▸ Exercise details: Could you repeat the whole listing below exactly as it stands?

--- Task inputs ---

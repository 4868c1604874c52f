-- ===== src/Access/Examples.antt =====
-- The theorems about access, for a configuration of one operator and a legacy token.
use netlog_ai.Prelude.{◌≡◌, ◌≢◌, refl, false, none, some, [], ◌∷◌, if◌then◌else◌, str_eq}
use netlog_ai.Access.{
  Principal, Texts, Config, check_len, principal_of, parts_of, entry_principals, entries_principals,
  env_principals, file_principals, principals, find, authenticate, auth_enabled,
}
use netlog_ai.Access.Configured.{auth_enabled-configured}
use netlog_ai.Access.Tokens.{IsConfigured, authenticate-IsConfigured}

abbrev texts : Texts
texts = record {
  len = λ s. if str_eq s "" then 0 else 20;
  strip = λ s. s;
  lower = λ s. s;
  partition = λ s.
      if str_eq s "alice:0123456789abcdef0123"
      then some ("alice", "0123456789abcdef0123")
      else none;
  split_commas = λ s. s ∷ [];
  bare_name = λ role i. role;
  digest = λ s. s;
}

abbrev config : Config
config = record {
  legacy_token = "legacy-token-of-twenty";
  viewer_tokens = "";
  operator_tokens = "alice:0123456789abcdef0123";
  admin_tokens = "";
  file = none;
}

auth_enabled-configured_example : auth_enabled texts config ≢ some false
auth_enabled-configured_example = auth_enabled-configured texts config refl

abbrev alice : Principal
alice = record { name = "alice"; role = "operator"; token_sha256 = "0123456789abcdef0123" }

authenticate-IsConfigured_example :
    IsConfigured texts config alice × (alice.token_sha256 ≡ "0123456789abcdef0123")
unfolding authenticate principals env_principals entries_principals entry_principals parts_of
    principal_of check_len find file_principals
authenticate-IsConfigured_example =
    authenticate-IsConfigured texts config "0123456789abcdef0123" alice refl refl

---

▸ Output below:
repository 4868c1604874c52f
-- ===== src/Access/Examples.antt =====
-- The theorems about access, for a configuration of one operator and a legacy token.
use netlog_ai.Prelude.{◌≡◌, ◌≢◌, refl, false, none, some, [], ◌∷◌, if◌then◌else◌, str_eq}
use netlog_ai.Access.{
  Principal, Texts, Config, check_len, principal_of, parts_of, entry_principals, entries_principals,
  env_principals, file_principals, principals, find, authenticate, auth_enabled,
}
use netlog_ai.Access.Configured.{auth_enabled-configured}
use netlog_ai.Access.Tokens.{IsConfigured, authenticate-IsConfigured}

abbrev texts : Texts
texts = record {
  len = λ s. if str_eq s "" then 0 else 20;
  strip = λ s. s;
  lower = λ s. s;
  partition = λ s.
      if str_eq s "alice:0123456789abcdef0123"
      then some ("alice", "0123456789abcdef0123")
      else none;
  split_commas = λ s. s ∷ [];
  bare_name = λ role i. role;
  digest = λ s. s;
}

abbrev config : Config
config = record {
  legacy_token = "legacy-token-of-twenty";
  viewer_tokens = "";
  operator_tokens = "alice:0123456789abcdef0123";
  admin_tokens = "";
  file = none;
}

auth_enabled-configured_example : auth_enabled texts config ≢ some false
auth_enabled-configured_example = auth_enabled-configured texts config refl

abbrev alice : Principal
alice = record { name = "alice"; role = "operator"; token_sha256 = "0123456789abcdef0123" }

authenticate-IsConfigured_example :
    IsConfigured texts config alice × (alice.token_sha256 ≡ "0123456789abcdef0123")
unfolding authenticate principals env_principals entries_principals entry_principals parts_of
    principal_of check_len find file_principals
authenticate-IsConfigured_example =
    authenticate-IsConfigured texts config "0123456789abcdef0123" alice refl refl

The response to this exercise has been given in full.